Objectives Chemoradiation (CHR) is the standard treatment for inoperable cervical cancer (CC). Neoadjuvant chemotherapy (NCT) plus radical surgery might be advantageous according to previous trials. The aims of this RCT are to access efficacy and tolerability of this experimental treatment. Primary end point is 5y OS. Secondary endpoints include: disease free survival, operability rate and complete pathological response rate.

Methods Women diagnosed with invasive CC stages IB2, IIA or IIB will be randomized to: Experimental arm: NCT (cisplatin 75 mg/m2 (D1) plus paclitaxel 80 mg/m2 (D1, D8 and D15), each 21 days, 3 cycles) or Control ARM: CHR (cisplatin 40 mg/m2 (D1, D8, D15, D21 and D28) in concomitancy with external radiation 50.4Gy (28 x 1,8Gy) followed by brachytherapy (4 x 7Gy). The patients who reach Complete clinical response or substantial tumour reduction after NCT ( restricted to cervix ≤4 cm) are going to be submitted to Piver-Rutledge class III abdominal hysterectomy and pelvic lymphadenectomy, 3–6 weeks after the last cycle. Progressive Disease, severe toxicity or inoperable tumour after NCT will be conducted to Definitive standard CHR.

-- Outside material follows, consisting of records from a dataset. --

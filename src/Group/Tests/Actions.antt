-- ===== src/Group/Tests/Actions.antt =====
-- What members, administrators and owners do, at concrete inputs.
use root_open_im_server.Base.{
  ℕ, String, true, false, List, [], ◌∷◌, length, ◌↔◌, none, some, str_eq, contains, ◌&&◌, ◌||◌,
  if◌then◌else◌, ◌≡◌, ◌≢◌, refl,
}
use root_open_im_server.Base.Int.{ℤ, pos, negsuc}
use root_open_im_server.Base.Result.{Result, ok, err}
use root_open_im_server.Common.Errors.{Error}
use root_open_im_server.Common.Access.{is_app_manager_uid}
use root_open_im_server.Common.Constants.{group_status_dismissed}
use root_open_im_server.Group.Tables.{GroupModel, GroupMemberModel}
use root_open_im_server.Group.Memory.{view_of, memory}
use root_open_im_server.Group.Memory.Laws.{memory-IsTables}
use root_open_im_server.Group.Calls.{
  duplicate, run_calls, finish, guarded, delete_member_and_set_conversation_seq,
  callback_before_member_join_group,
}
use root_open_im_server.Group.Store.{
  delete_group_member, find_group_members, update_group_member, transfer_group_owner,
  handler_group_request, update_group_members,
}
use root_open_im_server.Group.Join.{InviteReq, is_manager_role, check_invite}
use root_open_im_server.Group.Respond.{
  ResponseReq, check_group_admin, accepted_member, check_response, group_application_response,
}
use root_open_im_server.Group.Members.{
  KickReq, MuteReq, may_kick, may_mute, check_kick, kick_group_member, check_mute,
  mute_group_member,
}
use root_open_im_server.Group.Admin.{TransferReq, check_transfer, transfer_owner}
use root_open_im_server.Group.SetMember.{
  SetMemberInfo, check_role_level, may_change, check_found, check_group, check_set_members,
  member_notices, set_group_member_info,
}
use root_open_im_server.Group.Authority.{
  MayKick, kick_group_member_authorised, mute_group_member_authorised,
}
use root_open_im_server.Group.Transfers.{
  transfer_owner_swaps, group_application_response_once, check_invite_anybody,
}
use root_open_im_server.Group.Roles.{MayChange, set_group_member_info_authorised}
use root_open_im_server.Group.Tests.{env_of, group_named, team, promote}

ordinary : (u : String) → is_app_manager_uid (env_of u).actor ≡ false
unfolding is_app_manager_uid
ordinary u = refl

abbrev kick_cid : KickReq
kick_cid = record { group_id = "g1"; kicked_user_ids = "cid" ∷ [] }

kicks : (kick_group_member (env_of "bob") memory kick_cid team).2 ≡ ok tt
unfolding kick_group_member check_kick finish guarded find_group_members may_kick
    delete_group_member delete_member_and_set_conversation_seq run_calls is_app_manager_uid
kicks = refl

kick_group_member_authorised_example :
    (contains "bob" kick_cid.kicked_user_ids ≡ false)
    × ((u : String)
        → contains u kick_cid.kicked_user_ids ≡ true
        → (m : GroupMemberModel) × ((view_of team).member "g1" u ≡ some m)
          × MayKick (env_of "bob") memory memory-IsTables team (ordinary "bob") "g1" m)
    × ((g u : String)
        → (view_of (kick_group_member (env_of "bob") memory kick_cid team).0).member g u ≡ (
            if str_eq "g1" g && contains u kick_cid.kicked_user_ids
            then none
            else (view_of team).member g u))
kick_group_member_authorised_example =
    kick_group_member_authorised (env_of "bob") memory memory-IsTables team (ordinary "bob")
      kick_cid kicks

abbrev mute_cid : MuteReq
mute_cid = record { group_id = "g1"; user_id = "cid"; muted_seconds = 60 }

mutes : (mute_group_member (env_of "bob") memory mute_cid team).2 ≡ ok tt
unfolding mute_group_member check_mute finish guarded may_mute update_group_member run_calls
    is_app_manager_uid
mutes = refl

mute_group_member_authorised_example :
    (m : GroupMemberModel) × ((view_of team).member "g1" "cid" ≡ some m)
    × (op : GroupMemberModel) × ((view_of team).member "g1" "bob" ≡ some op)
    × (m.role_level ≢ 100)
    × ((m.role_level ≡ 60 → op.role_level ≡ 100))
    × ((m.role_level ≡ 20 → is_manager_role op.role_level ≡ true))
    × ((view_of (mute_group_member (env_of "bob") memory mute_cid team).0).member "g1" "cid"
        ≡ some (record m { mute_end_time = 61000 }))
mute_group_member_authorised_example =
    mute_group_member_authorised (env_of "bob") memory memory-IsTables team (ordinary "bob")
      mute_cid mutes

abbrev to_cid : TransferReq
to_cid = record { group_id = "g1"; old_owner_user_id = "ann"; new_owner_user_id = "cid" }

transfers : (transfer_owner (env_of "ann") memory to_cid team).2 ≡ ok tt
unfolding transfer_owner check_transfer finish guarded find_group_members transfer_group_owner
    run_calls is_app_manager_uid
transfers = refl

transfer_owner_swaps_example :
    (m : GroupMemberModel) × (x : GroupMemberModel) × ((view_of team).member "g1" "ann" ≡ some m)
    × ((view_of team).member "g1" "cid" ≡ some x)
    × (m.role_level ≡ 100)
    × (to_cid.old_owner_user_id ≡ "ann")
    × ((view_of (transfer_owner (env_of "ann") memory to_cid team).0).member "g1" "ann"
        ≡ some (record m { role_level = x.role_level }))
    × ((view_of (transfer_owner (env_of "ann") memory to_cid team).0).member "g1" "cid"
        ≡ some (record x { role_level = m.role_level }))
    × ((g u : String)
        → (str_eq "g1" g && (str_eq "ann" u || str_eq "cid" u)) ≡ false
        → (view_of (transfer_owner (env_of "ann") memory to_cid team).0).member g u
          ≡ (view_of team).member g u)
transfer_owner_swaps_example =
    transfer_owner_swaps (env_of "ann") memory memory-IsTables team to_cid (ordinary "ann")
      transfers

abbrev answer_dan : ℤ → ResponseReq
answer_dan z = record { group_id = "g1"; from_user_id = "dan"; handle_result = z }

answers : (group_application_response (env_of "bob") memory (answer_dan (pos 1)) team).2 ≡ ok tt
unfolding group_application_response check_response check_group_admin accepted_member
    callback_before_member_join_group finish guarded handler_group_request run_calls
    is_app_manager_uid
answers = refl

group_application_response_once_example :
    let s' = (group_application_response (env_of "bob") memory (answer_dan (pos 1)) team).0 in
    (e : Error) × (group_application_response (env_of "ann") memory (answer_dan (negsuc 0)) s'
      ≡ (s', [], err e))
group_application_response_once_example =
    group_application_response_once (env_of "bob") (env_of "ann") memory memory-IsTables team
      (answer_dan (pos 1)) (answer_dan (negsuc 0)) answers refl refl

abbrev ours : GroupModel
ours = group_named "g1"

abbrev invite_dan : InviteReq
invite_dan = record { group_id = "g1"; invited_user_ids = "dan" ∷ []; ex = "" }

abbrev nobody : String
nobody = ""

abbrev no_role : ℕ
no_role = 0

check_invite_anybody_example :
    (check_invite (env_of "eve") memory invite_dan team ≡ ok (ours, nobody, no_role)) ↔ (
      (invite_dan.invited_user_ids ≢ [])
      × (duplicate invite_dan.invited_user_ids ≡ false)
      × (memory.take_group team "g1" ≡ ok ours)
      × (ours.status ≢ group_status_dismissed)
      × ((users : List String) × ((env_of "eve").get_users_info_map invite_dan.invited_user_ids
            ≡ ok users)
          × (length users ≡ 1))
      × ((env_of "eve").callback_before_invite_user_to_group "g1" invite_dan.invited_user_ids
          ≡ ok tt)
      × (nobody ≡ nobody)
      × (no_role ≡ no_role))
check_invite_anybody_example =
    check_invite_anybody (env_of "eve") memory team invite_dan ours nobody no_role

abbrev as_asked : SetMemberInfo → Result Error SetMemberInfo
as_asked m = ok m

-- An ordinary member makes itself an administrator.
promotes : (set_group_member_info (env_of "cid") memory as_asked (promote ∷ []) team).2 ≡ ok tt
unfolding set_group_member_info check_set_members check_role_level check_group check_found
    may_change find_group_members finish guarded update_group_members member_notices run_calls
    is_app_manager_uid
promotes = refl

set_group_member_info_authorised_example :
    (m : GroupMemberModel) × ((view_of team).member "g1" "cid" ≡ some m)
    × (op : GroupMemberModel) × ((view_of team).member "g1" "cid" ≡ some op)
    × MayChange "cid" op m
set_group_member_info_authorised_example =
    set_group_member_info_authorised (env_of "cid") memory memory-IsTables team (ordinary "cid")
      as_asked (promote ∷ []) promotes "g1" "cid" refl
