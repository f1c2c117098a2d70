-- ===== src/MsgProcessor.antt =====
-- Message options and conversation ids, pkg/msgprocessor.
pub mod Options
pub mod Ids
mod Tests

Results Eleven patients have been recruited. The Median age of the patients was 39.5 years. NCT plus radical surgery was completed in four patients and alterations in chemotherapy schedule were not necessary. All patients in the NCT arm became operable. Two patients in the CHR arm had the treatment delayed.

Conclusions NCT is well tolerated with signs of high activity in cervical cancer. The CHR schedule seems more prone to suffer delays.